A gritaria é grande porque o Brasil assiste à quebra de um monopólio na saúde pública
Médicos, entidades de classe e o próprio Conselho Federal de Medicina (CFM) estão inconformados. Fizeram todo tipo de oposição ao programa Mais Médicos e, agora, foram surpreendidos novamente com a notícia de que o governo federal trará quatro mil profissionais formados em Cuba, que atuarão em 701 municípios. Com essa importação, cidadãos brasileiros de áreas remotas que jamais viram um médico – e que jamais viriam, no que dependesse do corporativismo médico – poderão prolongar suas expectativas de vida, sendo diagnosticados e acompanhados no tratamento de patologias controláveis, como uma simples hipertensão.
Se o programa vier a ser efetivamente implementado, o Brasil poderá caminhar para ter, a médio prazo, uma expectativa de vida semelhante à de Cuba. Sim, os cubanos vivem mais: 79,3 anos, um padrão semelhante ao de alguns países europeus e bem superior ao brasileiro, que ainda é de 73,8 anos. Lá, um dos fatores que explicam o sucesso é o alto investimento em saúde – 9,7% do PIB, contra 4,2% no Brasil. Outro é a disseminação de programas de saúde da família.
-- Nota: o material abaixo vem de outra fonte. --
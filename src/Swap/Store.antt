-- ===== src/Swap/Store.antt =====
-- The table `token_swaps` with the queries on it
-- (marketBackend/src/infra/database/repositories/swapRepository.ts), the swap queue, the audit log
-- and what marketBackend/src/lib/events/swapEventPublisher.ts publishes, which swallows a failure.
use omen_backend.Base.{
  coalesce, ℕ, ◌+◌, Option, none, some, List, [], ◌∷◌, ℤ, ◌==◌, select, take, Table, insert, Action,
  Done, ok, err, gets, modify, zoom, swap_row_missing,
}
use omen_backend.Token.Store.{Ledger}
use omen_backend.Swap.Types.{
  SwapStatus, pending, processing, completed, failed, SwapQuote, CreateSwapInput, FailureReason,
  SwapRecord, SwapJobPayload,
}

pub data SwapEventType : Type 0 where
  swap_requested swap_queued swap_processing swap_completed swap_failed : SwapEventType

pub record SwapEvent : Type 0 where
  pub event_type : SwapEventType
  pub swap_id : ℕ
  pub status : SwapStatus

pub data SwapAuditAction : Type 0 where
  swap_request_created swap_done swap_gave_up : SwapAuditAction

pub record SwapAudit : Type 0 where
  pub user_id : ℕ
  pub action : SwapAuditAction
  pub resource_id : ℕ

-- What `SapphireTokenClient.swapTokens` is asked to do.
pub record SwapTokensParams : Type 0 where
  pub source_token_address : ℕ
  pub target_token_address : ℕ
  pub amount : ℤ
  pub recipient : ℕ
  pub bridge_contract_address : ℕ
  pub target_chain_id : ℕ
  pub signer_private_key : ℕ
  pub min_target_amount : Option ℤ

pub record SwapState : Type 0 where
  pub ledger : Ledger
  pub swaps : Table SwapRecord
  -- The ids of the rows in the order of `created_at`, the newest first.
  pub created : List ℕ
  -- The jobs added to the swap queue, the published events, the audit records and the swaps that
  -- the bridge has carried out, the newest first.
  pub jobs : List SwapJobPayload
  pub events : List SwapEvent
  pub audit_log : List SwapAudit
  pub bridged : List SwapTokensParams
  pub next_id : ℕ

-- A call of the token service or its repository.
abbrev pub on_ledger : {A : Type 0} → Action Ledger A → Action SwapState A
on_ledger m = zoom (λ s. s.ledger) (λ w s. record s { ledger = w }) m

-- `input.quote?.expectedTargetAmount ?? input.sourceAmount`.
abbrev expected_of : Option SwapQuote → ℤ → ℤ
expected_of none amount = amount
expected_of (some q) amount = q.expected_target_amount

unfoldable pub create_swap_request : CreateSwapInput → Action SwapState SwapRecord
create_swap_request input s =
    let swap : SwapRecord = record {
      id = s.next_id;
      user_id = input.user_id;
      source_token_id = input.source_token_id;
      target_token_id = input.target_token_id;
      source_chain = input.source_chain;
      target_chain = input.target_chain;
      source_amount = input.source_amount;
      expected_target_amount = expected_of input.quote input.source_amount;
      destination_address = input.destination_address;
      bridge_contract_address = input.bridge_contract_address;
      status = pending;
      sapphire_swap_id = none;
      source_tx_hash = none;
      target_tx_hash = none;
      failure_reason = none;
    } in
    (
      ok swap,
      record s {
        swaps = insert s.next_id swap s.swaps;
        created = s.next_id ∷ s.created;
        next_id = s.next_id + 1;
      },
    )

-- UPDATE token_swaps … WHERE id = … RETURNING *; no row is an error.
unfoldable pub change_swap : ℕ → (SwapRecord → SwapRecord) → Action SwapState SwapRecord
change_swap id f s = elim (s.swaps id) [
  | none ↦ (err swap_row_missing, s)
  | some swap ↦ (ok (f swap), record s { swaps = insert id (f swap) s.swaps })
]

unfoldable pub update_swap_status : ℕ → SwapStatus → Action SwapState SwapRecord
update_swap_status id status = change_swap id λ r. record r { status = status }

unfoldable pub mark_swap_processing : ℕ → Option ℕ → Option ℕ → Action SwapState SwapRecord
mark_swap_processing id sapphire_id tx_hash = change_swap id λ r. record r {
  status = processing;
  sapphire_swap_id = coalesce sapphire_id r.sapphire_swap_id;
  source_tx_hash = coalesce tx_hash r.source_tx_hash;
}

unfoldable pub mark_swap_completed : ℕ → Option ℕ → ℤ → Action SwapState SwapRecord
mark_swap_completed id tx_hash expected = change_swap id λ r. record r {
  status = completed;
  target_tx_hash = coalesce tx_hash r.target_tx_hash;
  expected_target_amount = expected;
}

unfoldable pub mark_swap_failed : ℕ → FailureReason → Action SwapState SwapRecord
mark_swap_failed id reason =
    change_swap id λ r. record r { status = failed; failure_reason = some reason }

unfoldable pub find_swap_by_id : ℕ → Action SwapState (Option SwapRecord)
find_swap_by_id id = gets λ s. s.swaps id

-- The rows of the given ids.
abbrev rows_of : Table SwapRecord → List ℕ → List SwapRecord
rows_of swaps [] = []
rows_of swaps (id ∷ ids) =
    let rest = rows_of swaps ids in elim (swaps id) [ none ↦ rest | some swap ↦ swap ∷ rest ]

unfoldable pub list_swaps_by_user : ℕ → ℕ → Action SwapState (List SwapRecord)
list_swaps_by_user user limit =
    gets
      λ s. take limit (select (λ (r : SwapRecord). r.user_id == user) (rows_of s.swaps s.created))

unfoldable pub list_recent_swaps : ℕ → Action SwapState (List SwapRecord)
list_recent_swaps limit = gets λ s. take limit (rows_of s.swaps s.created)

unfoldable pub publish_swap_event : SwapEventType → ℕ → SwapStatus → Action SwapState Done
publish_swap_event event_type id status = modify λ s. record s {
  events = record { event_type = event_type; swap_id = id; status = status } ∷ s.events;
}

unfoldable pub insert_swap_audit : ℕ → SwapAuditAction → ℕ → Action SwapState Done
insert_swap_audit user action id = modify λ s. record s {
  audit_log = record { user_id = user; action = action; resource_id = id } ∷ s.audit_log;
}

unfoldable pub add_swap_job : SwapJobPayload → Action SwapState Done
add_swap_job job = modify λ s. record s { jobs = job ∷ s.jobs }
De acordo com uma nota do Conselho Federal de Medicina, a decisão anunciada na semana passada é “eleitoreira” e coloca em risco a saúde da população. Ora, mas o que é pior? Ser atendido pelos profissionais cubanos ou continuar sem assistência alguma? Lembre-se que os 701 municípios que receberão os cubanos não atraíram o interesse de nenhum dos profissionais brasileiros, que tiveram prioridade nas inscrições do Mais Médicos.
Na prática, o que o Brasil assiste hoje é à quebra de um monopólio – e, por isso mesmo, a gritaria é tão forte. Às entidades de classe interessa regular a oferta de profissionais no mercado e, assim, preservar uma situação que gera altos rendimentos a profissionais escassos. Aliás, exatamente por estarem altamente demandados nos grandes centros urbanos, onde a vida é mais agradável do que nas periferias e nos rincões, os médicos brasileiros desprezaram a grande maioria das bolsas oferecidas pelo Mais Médicos.
A crítica conservadora dirá que o caso da saúde é diferente e não pode ser tratado como mercadoria ou qualquer outra atividade. Ocorre que a experiência cubana já aconteceu em vários países – e deu certo. Em Portugal, por exemplo, a população aprova a atuação dos profissionais.
De acordo com nota do Ministério da Saúde, os médicos que virão ao País têm, em média, 15 anos de experiência. Certamente irão contribuir para resultados que, no futuro, farão com que a crítica atual seja lembrada apenas como um grito corporativo diante do fim de um monopólio.